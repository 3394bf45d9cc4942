-- ===== src/History/Internal/Steps.antt =====
-- The steps that record a pair (`fail_pair`, `succeed_range_pairs` and the others of
-- fiber/src/fiber/history.rs): on a route with these indices they succeed and forget no node.
use Prim.Native.Nat.{max}
use ai_ckb_backend.Common.{
  ℕ, zero, suc, ◌+◌, ◌-◌, ◌≤◌, ◌<◌, ◌≡◌, refl, ◌∙◌, sym, Bool, true, false, List, [], ◌∷◌, some,
  arith, ltb, length, is_some, Bool-cases, inl, inr,
}
use ai_ckb_backend.Common.BTreeMap.{Key_ord, get, insert, get-insert}
use ai_ckb_backend.Common.Outcome.{ok}
use ai_ckb_backend.History.Internal.{
  SessionRouteNode, InternalResult, add, add_fail_pair, add_fail_pair_balanced, at, Recorded,
  fail_pair, fail_pair_balanced, succeed_rounds, succeed_range_pairs, fail_rounds, fail_range_pairs,
}

abbrev pub knows : ℕ → InternalResult → Bool
knows n r = is_some (get n r.nodes_to_channel_map)

-- The blamed node has channels.
abbrev pub HasChannels : InternalResult → Type 0
HasChannels r = (n : ℕ) → r.fail_node ≡ some n → is_some (get n r.nodes_to_channel_map) ≡ true

-- No node is forgotten, and the blame stays.
pub record Grows (r r' : InternalResult) : Type 0 where
  pub blame : r'.fail_node ≡ r.fail_node
  pub keeps : (n : ℕ) → knows n r ≡ true → knows n r' ≡ true

pub Grows-refl : (r : InternalResult) → Grows r r
Grows-refl r = record { blame = refl; keeps = λ n h. h }

pub Grows-trans : {r s t : InternalResult} → Grows r s → Grows s t → Grows r t
Grows-trans g h = record { blame = h.blame ∙ g.blame; keeps = λ n k. h.keeps n (g.keeps n k) }

pub Grows-HasChannels : {r r' : InternalResult} → Grows r r' → HasChannels r → HasChannels r'
Grows-HasChannels g h n e = g.keeps n (h n (sym g.blame ∙ e))

add-Grows :
    (a b channel time amount : ℕ) (success : Bool) (r : InternalResult)
    → Grows r (add a b channel time amount success r)
      × (knows a (add a b channel time amount success r) ≡ true)
      × (knows b (add a b channel time amount success r) ≡ true)
unfolding add
add-Grows a b channel time amount success r = (
  record {
    blame = refl;
    keeps = λ n h.
        rw
          (
            get-insert n b _ (insert a _ r.nodes_to_channel_map),
            get-insert n a _ r.nodes_to_channel_map,
          )
          (ground arith);
  },
  rw (get-insert a b _ (insert a _ r.nodes_to_channel_map), get-insert a a _ r.nodes_to_channel_map)
      (ground arith),
  rw (get-insert b b _ (insert a _ r.nodes_to_channel_map)) (ground arith),
)

pub at_total :
    (ns : List SessionRouteNode) (i : ℕ) → i < length ns → (n : SessionRouteNode) × (at ns i ≡ ok n)
at_total [] i h = absurd (omega arith)
at_total (n ∷ ns) zero h = (n, refl)
at_total (n ∷ ns) (suc i) h = at_total ns i (omega arith)

-- A step that succeeds and forgets nothing.
abbrev pub Steps : Recorded → InternalResult → Type 0
Steps m r = (r' : InternalResult) × (m ≡ ok r') × Grows r r'

add_fail_pair-Grows :
    (now a b channel : ℕ) (r : InternalResult)
    → Grows r (add_fail_pair now a b channel r)
      × (knows a (add_fail_pair now a b channel r) ≡ true)
      × (knows b (add_fail_pair now a b channel r) ≡ true)
unfolding add_fail_pair
add_fail_pair-Grows now a b channel r =
    let (g, _, _) = add-Grows a b channel now 0 false r in
    let (h, p, q) = add-Grows b a channel now 0 false (add a b channel now 0 false r) in
    (Grows-trans g h, q, p)

-- Both ends of the pair are known afterwards.
pub fail_pair_total :
    (now : ℕ) (ns : List SessionRouteNode) (i : ℕ) (a b : SessionRouteNode) (r : InternalResult)
    → 0 < i
    → at ns (i - 1) ≡ ok a
    → at ns i ≡ ok b
    → (r' : InternalResult) × (fail_pair now ns i r ≡ ok r')
      × Grows r r'
      × (knows a.pubkey r' ≡ true)
      × (knows b.pubkey r' ≡ true)
unfolding fail_pair
fail_pair_total now ns i a b r h p q =
    let (g, k, l) = add_fail_pair-Grows now a.pubkey b.pubkey a.channel_outpoint r in
    (_, ground (arith, p, q), g, k, l)

pub fail_pair-Steps :
    (now : ℕ) (ns : List SessionRouteNode) (i : ℕ) (r : InternalResult)
    → i < length ns
    → Steps (fail_pair now ns i r) r
unfolding fail_pair
fail_pair-Steps now ns i r h = elim (Bool-cases (ltb 0 i)) [
  | inl e ↦
      let (a, p) = at_total ns (i - 1) (ground arith) in
      let (b, q) = at_total ns i h in
      let (r', s, g, _, _) = fail_pair_total now ns i a b r (ground arith) p q in (r', s, g)
  | inr e ↦ (r, rw e, Grows-refl r)
]

pub fail_pair_balanced-Steps :
    (now : ℕ) (ns : List SessionRouteNode) (i : ℕ) (r : InternalResult)
    → i < length ns
    → Steps (fail_pair_balanced now ns i r) r
unfolding fail_pair_balanced add_fail_pair_balanced
fail_pair_balanced-Steps now ns i r h = elim (Bool-cases (ltb 0 i)) [
  | inl e ↦
      let (a, p) = at_total ns (i - 1) (ground arith) in
      let (b, q) = at_total ns i h in
      (_, rw (e, p, q), (add-Grows a.pubkey b.pubkey a.channel_outpoint now b.amount false r).0)
  | inr e ↦ (r, rw e, Grows-refl r)
]

succeed_rounds-Steps :
    (now : ℕ) (ns : List SessionRouteNode) (count i : ℕ) (r : InternalResult)
    → i + count < length ns
    → Steps (succeed_rounds now ns count i r) r
unfolding succeed_rounds
succeed_rounds-Steps now ns zero i r h = (r, refl, Grows-refl r)
succeed_rounds-Steps now ns (suc count) i r h =
    let (a, p) = at_total ns i (omega arith) in
    let (b, q) = at_total ns (i + 1) (omega arith) in
    let (r', s, g) =
      succeed_rounds-Steps now ns count (i + 1)
        (add a.pubkey b.pubkey a.channel_outpoint now a.amount true r) (omega arith) in
    (
      r',
      rw (p, q) s,
      Grows-trans (add-Grows a.pubkey b.pubkey a.channel_outpoint now a.amount true r).0 g,
    )

pub succeed_range_pairs-Steps :
    (now : ℕ) (ns : List SessionRouteNode) (end : ℕ) (r : InternalResult)
    → end < length ns
    → Steps (succeed_range_pairs now ns 0 end r) r
unfolding succeed_range_pairs
succeed_range_pairs-Steps now ns end r h = succeed_rounds-Steps now ns (end - 0) 0 r (omega arith)

fail_rounds-Steps :
    (now : ℕ) (ns : List SessionRouteNode) (count i : ℕ) (r : InternalResult)
    → i + count ≤ length ns
    → Steps (fail_rounds now ns count i r) r
unfolding fail_rounds
fail_rounds-Steps now ns zero i r h = (r, refl, Grows-refl r)
fail_rounds-Steps now ns (suc count) i r h =
    let (r', s, g) = fail_pair-Steps now ns i r (omega arith) in
    let (r'', s', g') = fail_rounds-Steps now ns count (i + 1) r' (omega arith) in
    (r'', rw s s', Grows-trans g g')

pub fail_range_pairs-Steps :
    (now : ℕ) (ns : List SessionRouteNode) (end : ℕ) (r : InternalResult)
    → 0 < end
    → end < length ns
    → Steps (fail_range_pairs now ns 0 end r) r
unfolding fail_range_pairs
fail_range_pairs-Steps now ns end r h k =
    fail_rounds-Steps now ns (end + 1 - max 0 1) (max 0 1) r (omega arith)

* To do
Restate the material word for word, but only from its first line through the line containing "-- fiber/src/fiber/history.rs): on".

* Answer to the problem
repository 3394bf45d9cc4942
-- ===== src/History/Internal/Steps.antt =====
-- The steps that record a pair (`fail_pair`, `succeed_range_pairs` and the others of
-- fiber/src/fiber/history.rs): on a route with these indices they succeed and forget no node.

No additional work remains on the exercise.